Top of Records for the task

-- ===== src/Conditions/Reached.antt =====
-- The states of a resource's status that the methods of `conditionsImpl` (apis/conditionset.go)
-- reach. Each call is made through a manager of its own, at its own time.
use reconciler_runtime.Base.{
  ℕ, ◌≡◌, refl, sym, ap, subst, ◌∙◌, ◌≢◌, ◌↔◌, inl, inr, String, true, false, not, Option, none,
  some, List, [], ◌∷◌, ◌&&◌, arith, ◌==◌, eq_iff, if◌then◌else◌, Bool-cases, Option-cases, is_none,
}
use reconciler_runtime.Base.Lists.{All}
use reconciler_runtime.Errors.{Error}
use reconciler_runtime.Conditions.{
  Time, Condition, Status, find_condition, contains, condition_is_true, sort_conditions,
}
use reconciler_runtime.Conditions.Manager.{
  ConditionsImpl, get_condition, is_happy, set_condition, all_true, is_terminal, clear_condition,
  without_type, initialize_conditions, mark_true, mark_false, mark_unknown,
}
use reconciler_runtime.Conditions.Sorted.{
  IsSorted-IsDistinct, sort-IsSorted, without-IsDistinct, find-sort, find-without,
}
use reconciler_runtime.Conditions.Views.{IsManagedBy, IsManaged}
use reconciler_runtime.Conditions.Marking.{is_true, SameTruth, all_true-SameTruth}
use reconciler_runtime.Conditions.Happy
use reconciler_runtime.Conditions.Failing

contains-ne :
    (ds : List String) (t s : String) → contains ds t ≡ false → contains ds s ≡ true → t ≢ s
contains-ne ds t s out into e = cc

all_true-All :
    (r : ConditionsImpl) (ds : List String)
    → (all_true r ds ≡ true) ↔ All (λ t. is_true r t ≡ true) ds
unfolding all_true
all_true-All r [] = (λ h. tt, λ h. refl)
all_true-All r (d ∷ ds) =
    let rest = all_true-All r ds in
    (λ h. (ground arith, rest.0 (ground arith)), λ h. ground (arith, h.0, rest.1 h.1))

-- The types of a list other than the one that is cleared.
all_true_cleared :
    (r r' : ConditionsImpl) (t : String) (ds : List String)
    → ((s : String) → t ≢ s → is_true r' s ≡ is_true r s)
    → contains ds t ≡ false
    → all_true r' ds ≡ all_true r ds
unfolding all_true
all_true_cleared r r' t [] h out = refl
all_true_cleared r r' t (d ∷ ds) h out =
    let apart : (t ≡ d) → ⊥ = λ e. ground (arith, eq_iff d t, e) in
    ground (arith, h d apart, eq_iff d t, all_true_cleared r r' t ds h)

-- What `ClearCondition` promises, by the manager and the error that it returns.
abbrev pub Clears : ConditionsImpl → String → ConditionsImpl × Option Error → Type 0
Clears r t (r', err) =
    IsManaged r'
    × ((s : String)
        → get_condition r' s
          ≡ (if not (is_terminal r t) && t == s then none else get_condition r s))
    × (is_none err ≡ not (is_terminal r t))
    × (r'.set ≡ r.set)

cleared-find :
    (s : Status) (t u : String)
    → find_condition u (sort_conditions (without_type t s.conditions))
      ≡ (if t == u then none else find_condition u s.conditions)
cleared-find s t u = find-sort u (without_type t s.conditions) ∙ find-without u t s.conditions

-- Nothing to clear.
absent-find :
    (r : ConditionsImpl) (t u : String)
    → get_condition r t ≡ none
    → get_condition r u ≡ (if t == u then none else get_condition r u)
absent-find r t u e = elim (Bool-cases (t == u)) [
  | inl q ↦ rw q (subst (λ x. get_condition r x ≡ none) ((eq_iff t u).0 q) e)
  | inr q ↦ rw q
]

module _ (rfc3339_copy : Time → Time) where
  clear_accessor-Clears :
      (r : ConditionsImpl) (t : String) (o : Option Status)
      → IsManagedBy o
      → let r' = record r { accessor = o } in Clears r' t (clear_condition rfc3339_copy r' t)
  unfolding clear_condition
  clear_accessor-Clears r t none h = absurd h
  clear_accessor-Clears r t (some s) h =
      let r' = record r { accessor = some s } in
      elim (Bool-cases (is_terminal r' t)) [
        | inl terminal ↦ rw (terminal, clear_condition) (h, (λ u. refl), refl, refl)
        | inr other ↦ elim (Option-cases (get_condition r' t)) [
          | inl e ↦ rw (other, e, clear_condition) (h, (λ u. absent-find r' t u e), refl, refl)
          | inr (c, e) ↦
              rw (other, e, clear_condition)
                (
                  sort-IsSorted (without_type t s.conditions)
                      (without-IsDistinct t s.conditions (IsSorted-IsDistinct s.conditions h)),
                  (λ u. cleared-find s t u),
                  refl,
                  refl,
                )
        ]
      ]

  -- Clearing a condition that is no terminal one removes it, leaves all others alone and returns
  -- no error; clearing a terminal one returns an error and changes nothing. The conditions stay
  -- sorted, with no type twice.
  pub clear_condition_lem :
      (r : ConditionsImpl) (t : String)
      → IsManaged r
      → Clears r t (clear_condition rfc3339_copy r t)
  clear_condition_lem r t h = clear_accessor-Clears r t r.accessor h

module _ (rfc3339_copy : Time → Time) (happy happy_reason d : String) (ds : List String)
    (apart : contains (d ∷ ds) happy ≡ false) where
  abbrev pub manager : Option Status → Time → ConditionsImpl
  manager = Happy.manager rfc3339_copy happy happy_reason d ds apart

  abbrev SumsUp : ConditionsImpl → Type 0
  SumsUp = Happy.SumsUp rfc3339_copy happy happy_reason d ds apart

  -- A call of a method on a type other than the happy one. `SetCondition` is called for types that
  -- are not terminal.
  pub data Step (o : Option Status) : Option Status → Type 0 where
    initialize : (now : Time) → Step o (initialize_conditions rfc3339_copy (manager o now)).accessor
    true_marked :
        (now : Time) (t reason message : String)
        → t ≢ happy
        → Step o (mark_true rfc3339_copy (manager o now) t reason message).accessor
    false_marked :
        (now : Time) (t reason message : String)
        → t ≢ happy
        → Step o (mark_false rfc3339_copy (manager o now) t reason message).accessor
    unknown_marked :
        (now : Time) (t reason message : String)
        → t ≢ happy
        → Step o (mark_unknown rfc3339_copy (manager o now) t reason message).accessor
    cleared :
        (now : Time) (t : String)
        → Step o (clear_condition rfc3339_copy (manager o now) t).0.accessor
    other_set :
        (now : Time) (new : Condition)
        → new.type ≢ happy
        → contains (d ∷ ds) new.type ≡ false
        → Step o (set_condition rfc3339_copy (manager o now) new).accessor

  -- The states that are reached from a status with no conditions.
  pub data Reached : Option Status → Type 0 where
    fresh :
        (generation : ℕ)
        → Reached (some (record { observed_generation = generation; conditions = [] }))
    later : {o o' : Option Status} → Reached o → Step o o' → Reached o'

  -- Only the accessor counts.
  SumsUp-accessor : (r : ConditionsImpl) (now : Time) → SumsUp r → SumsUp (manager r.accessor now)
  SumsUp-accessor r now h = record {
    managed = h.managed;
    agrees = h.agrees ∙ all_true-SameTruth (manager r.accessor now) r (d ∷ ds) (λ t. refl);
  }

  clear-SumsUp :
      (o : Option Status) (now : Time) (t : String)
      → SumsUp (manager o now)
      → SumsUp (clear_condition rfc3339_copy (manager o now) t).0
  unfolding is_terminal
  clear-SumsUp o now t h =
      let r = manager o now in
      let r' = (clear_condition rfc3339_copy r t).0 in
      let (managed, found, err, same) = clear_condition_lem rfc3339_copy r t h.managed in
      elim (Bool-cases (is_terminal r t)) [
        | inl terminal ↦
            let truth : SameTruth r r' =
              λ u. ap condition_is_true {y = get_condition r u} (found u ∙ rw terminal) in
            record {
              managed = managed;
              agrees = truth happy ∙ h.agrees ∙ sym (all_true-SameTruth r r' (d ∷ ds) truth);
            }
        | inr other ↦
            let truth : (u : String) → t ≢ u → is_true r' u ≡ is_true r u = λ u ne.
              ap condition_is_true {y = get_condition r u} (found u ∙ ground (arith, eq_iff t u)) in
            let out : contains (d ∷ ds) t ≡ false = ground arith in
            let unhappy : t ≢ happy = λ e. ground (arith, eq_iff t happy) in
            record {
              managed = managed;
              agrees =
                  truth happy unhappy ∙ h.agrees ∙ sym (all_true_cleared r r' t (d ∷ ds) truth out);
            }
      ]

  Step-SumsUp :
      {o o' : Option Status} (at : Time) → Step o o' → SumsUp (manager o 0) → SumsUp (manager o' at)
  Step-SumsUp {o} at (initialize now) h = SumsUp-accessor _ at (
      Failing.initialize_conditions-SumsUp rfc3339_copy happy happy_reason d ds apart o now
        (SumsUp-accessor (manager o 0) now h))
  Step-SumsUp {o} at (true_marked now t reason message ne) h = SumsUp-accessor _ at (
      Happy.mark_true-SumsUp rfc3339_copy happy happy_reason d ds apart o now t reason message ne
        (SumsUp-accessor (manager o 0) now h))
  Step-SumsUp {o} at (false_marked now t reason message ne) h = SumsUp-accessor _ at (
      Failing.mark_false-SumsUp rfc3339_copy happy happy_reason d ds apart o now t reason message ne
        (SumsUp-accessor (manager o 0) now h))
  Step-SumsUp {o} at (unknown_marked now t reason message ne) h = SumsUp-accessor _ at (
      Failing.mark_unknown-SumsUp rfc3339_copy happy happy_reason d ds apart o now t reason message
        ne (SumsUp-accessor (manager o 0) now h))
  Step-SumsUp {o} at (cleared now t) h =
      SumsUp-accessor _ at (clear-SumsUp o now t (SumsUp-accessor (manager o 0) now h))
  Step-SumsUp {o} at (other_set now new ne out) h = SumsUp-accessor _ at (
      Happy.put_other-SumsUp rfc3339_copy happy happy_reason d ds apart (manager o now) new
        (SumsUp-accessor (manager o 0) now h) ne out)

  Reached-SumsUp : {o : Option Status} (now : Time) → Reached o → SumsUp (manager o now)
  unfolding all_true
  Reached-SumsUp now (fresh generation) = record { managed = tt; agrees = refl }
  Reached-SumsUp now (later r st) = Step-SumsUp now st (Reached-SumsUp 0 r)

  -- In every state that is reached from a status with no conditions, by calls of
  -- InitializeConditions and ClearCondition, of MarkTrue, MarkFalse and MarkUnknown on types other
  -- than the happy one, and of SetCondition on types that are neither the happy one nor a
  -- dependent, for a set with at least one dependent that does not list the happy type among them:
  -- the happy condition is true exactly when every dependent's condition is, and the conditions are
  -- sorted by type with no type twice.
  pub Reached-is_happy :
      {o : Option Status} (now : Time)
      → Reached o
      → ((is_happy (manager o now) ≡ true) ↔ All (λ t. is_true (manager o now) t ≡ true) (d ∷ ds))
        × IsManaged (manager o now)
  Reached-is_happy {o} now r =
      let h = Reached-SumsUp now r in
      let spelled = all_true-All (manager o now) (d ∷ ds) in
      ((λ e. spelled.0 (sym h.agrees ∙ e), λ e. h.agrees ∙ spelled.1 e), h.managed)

Bottom of Records for the task
Top of Records for the task

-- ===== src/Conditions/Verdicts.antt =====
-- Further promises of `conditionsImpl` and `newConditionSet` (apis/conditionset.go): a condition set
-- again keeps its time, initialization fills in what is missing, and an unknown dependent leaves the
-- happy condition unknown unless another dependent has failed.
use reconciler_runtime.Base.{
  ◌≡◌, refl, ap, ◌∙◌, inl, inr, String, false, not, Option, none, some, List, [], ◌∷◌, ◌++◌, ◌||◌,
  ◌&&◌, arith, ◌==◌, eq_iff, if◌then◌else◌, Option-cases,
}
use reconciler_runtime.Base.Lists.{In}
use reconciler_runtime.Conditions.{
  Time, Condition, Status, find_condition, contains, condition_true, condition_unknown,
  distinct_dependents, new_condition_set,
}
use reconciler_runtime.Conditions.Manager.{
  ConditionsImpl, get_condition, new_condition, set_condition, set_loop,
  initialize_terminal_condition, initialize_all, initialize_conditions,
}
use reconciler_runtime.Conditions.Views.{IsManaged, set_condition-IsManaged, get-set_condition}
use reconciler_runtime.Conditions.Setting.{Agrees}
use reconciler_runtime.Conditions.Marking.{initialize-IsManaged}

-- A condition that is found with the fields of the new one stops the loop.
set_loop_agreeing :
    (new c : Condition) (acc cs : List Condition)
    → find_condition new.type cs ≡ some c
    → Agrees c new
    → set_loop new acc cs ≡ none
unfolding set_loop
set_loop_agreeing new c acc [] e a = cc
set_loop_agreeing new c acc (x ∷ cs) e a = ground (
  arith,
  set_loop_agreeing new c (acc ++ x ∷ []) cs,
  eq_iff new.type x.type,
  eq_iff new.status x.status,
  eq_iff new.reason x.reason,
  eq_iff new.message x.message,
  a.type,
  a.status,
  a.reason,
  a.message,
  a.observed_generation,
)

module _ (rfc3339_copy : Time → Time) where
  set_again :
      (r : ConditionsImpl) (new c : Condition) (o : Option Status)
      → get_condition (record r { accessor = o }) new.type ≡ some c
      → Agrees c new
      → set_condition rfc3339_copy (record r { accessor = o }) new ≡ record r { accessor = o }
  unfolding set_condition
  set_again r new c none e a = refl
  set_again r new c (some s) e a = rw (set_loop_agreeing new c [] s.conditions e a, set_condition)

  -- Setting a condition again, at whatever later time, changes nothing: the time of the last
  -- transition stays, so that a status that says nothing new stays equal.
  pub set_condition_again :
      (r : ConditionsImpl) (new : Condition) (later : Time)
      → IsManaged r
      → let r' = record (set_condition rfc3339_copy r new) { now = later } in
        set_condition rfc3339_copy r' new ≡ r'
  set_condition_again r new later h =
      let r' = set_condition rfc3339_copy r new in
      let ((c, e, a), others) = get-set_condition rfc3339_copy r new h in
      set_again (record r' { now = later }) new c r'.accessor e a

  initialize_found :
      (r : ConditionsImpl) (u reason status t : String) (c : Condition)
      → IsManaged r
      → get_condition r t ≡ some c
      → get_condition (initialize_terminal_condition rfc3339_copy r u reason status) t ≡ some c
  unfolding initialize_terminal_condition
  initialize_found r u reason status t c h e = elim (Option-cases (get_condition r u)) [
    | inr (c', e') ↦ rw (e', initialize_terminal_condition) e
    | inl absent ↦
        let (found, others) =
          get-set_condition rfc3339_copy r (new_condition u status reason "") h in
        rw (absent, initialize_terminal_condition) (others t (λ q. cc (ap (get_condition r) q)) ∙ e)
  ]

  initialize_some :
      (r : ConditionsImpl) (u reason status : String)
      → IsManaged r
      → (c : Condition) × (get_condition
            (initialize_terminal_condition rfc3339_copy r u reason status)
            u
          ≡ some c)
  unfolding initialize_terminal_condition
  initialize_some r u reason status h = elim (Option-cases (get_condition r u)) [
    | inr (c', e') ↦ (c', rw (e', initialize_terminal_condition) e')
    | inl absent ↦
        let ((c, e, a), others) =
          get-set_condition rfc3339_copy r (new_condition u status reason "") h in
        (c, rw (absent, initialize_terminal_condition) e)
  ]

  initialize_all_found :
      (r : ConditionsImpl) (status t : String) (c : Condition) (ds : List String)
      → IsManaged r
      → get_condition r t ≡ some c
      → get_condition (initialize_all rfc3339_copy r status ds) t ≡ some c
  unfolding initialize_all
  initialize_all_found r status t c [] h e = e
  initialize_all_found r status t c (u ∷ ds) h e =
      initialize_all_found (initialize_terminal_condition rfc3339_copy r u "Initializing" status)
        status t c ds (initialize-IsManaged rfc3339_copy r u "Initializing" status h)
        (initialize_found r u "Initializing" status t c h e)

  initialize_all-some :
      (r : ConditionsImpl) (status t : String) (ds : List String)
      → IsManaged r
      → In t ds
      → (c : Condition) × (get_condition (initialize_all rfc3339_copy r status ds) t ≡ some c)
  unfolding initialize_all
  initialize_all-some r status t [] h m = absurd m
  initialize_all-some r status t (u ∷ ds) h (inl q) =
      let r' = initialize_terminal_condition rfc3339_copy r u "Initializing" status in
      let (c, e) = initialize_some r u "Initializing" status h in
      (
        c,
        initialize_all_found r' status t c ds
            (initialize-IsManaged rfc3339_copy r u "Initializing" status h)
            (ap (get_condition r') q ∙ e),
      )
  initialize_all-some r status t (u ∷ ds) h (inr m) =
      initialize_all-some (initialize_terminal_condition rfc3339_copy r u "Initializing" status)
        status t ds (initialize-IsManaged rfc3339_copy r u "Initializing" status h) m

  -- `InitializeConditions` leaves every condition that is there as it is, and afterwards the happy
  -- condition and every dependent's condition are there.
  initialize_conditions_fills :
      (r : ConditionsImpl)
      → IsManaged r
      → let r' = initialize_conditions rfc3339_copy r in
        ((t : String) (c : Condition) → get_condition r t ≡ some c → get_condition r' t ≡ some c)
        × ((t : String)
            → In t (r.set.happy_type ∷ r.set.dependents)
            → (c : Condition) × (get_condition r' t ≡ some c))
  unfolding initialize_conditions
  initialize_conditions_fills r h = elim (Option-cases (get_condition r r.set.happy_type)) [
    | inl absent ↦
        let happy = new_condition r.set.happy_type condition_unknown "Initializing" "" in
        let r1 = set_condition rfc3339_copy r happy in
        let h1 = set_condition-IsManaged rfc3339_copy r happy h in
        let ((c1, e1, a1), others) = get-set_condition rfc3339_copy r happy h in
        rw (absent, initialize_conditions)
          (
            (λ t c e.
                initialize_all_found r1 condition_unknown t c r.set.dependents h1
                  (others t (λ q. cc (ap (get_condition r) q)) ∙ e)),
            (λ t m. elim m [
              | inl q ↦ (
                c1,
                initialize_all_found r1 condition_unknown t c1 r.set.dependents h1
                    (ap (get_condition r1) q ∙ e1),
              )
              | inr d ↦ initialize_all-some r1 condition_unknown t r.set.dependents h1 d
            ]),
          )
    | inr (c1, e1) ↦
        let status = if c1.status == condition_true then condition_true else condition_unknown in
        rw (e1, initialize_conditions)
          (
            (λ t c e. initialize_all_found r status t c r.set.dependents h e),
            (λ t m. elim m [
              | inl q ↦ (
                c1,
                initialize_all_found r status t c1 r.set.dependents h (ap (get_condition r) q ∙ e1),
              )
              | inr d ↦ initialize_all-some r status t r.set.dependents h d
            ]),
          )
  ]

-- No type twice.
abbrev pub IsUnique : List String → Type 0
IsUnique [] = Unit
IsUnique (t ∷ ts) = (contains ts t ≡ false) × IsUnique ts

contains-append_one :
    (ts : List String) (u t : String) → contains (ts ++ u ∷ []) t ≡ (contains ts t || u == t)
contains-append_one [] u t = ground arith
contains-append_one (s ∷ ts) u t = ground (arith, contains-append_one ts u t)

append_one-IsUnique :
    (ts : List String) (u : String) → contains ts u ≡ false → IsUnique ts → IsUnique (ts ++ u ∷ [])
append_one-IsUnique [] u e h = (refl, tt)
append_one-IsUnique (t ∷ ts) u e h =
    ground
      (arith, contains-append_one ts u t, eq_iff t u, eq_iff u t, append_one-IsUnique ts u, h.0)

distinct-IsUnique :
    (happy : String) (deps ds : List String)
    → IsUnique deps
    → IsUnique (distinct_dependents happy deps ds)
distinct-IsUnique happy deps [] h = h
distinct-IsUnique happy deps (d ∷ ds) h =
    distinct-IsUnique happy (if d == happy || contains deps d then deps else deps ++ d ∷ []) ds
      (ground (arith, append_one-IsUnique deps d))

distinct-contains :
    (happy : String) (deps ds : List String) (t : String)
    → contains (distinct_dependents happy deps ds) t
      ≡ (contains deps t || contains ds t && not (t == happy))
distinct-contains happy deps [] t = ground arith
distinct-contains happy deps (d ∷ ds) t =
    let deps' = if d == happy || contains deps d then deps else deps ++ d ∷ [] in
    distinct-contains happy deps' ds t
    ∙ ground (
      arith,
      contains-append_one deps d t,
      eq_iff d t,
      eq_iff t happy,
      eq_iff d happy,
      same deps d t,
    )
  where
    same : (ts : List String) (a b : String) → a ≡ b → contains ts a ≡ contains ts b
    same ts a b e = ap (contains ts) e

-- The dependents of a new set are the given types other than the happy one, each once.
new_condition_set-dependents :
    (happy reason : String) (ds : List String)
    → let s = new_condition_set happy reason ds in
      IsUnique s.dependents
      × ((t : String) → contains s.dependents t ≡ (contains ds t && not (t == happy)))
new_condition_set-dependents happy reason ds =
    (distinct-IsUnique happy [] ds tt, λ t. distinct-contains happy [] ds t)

Bottom of Records for the task

All lines holding the word "spelled" must be copied from the data.

      let spelled = all_true-All (manager o now) (d ∷ ds) in
      ((λ e. spelled.0 (sym h.agrees ∙ e), λ e. h.agrees ∙ spelled.1 e), h.managed)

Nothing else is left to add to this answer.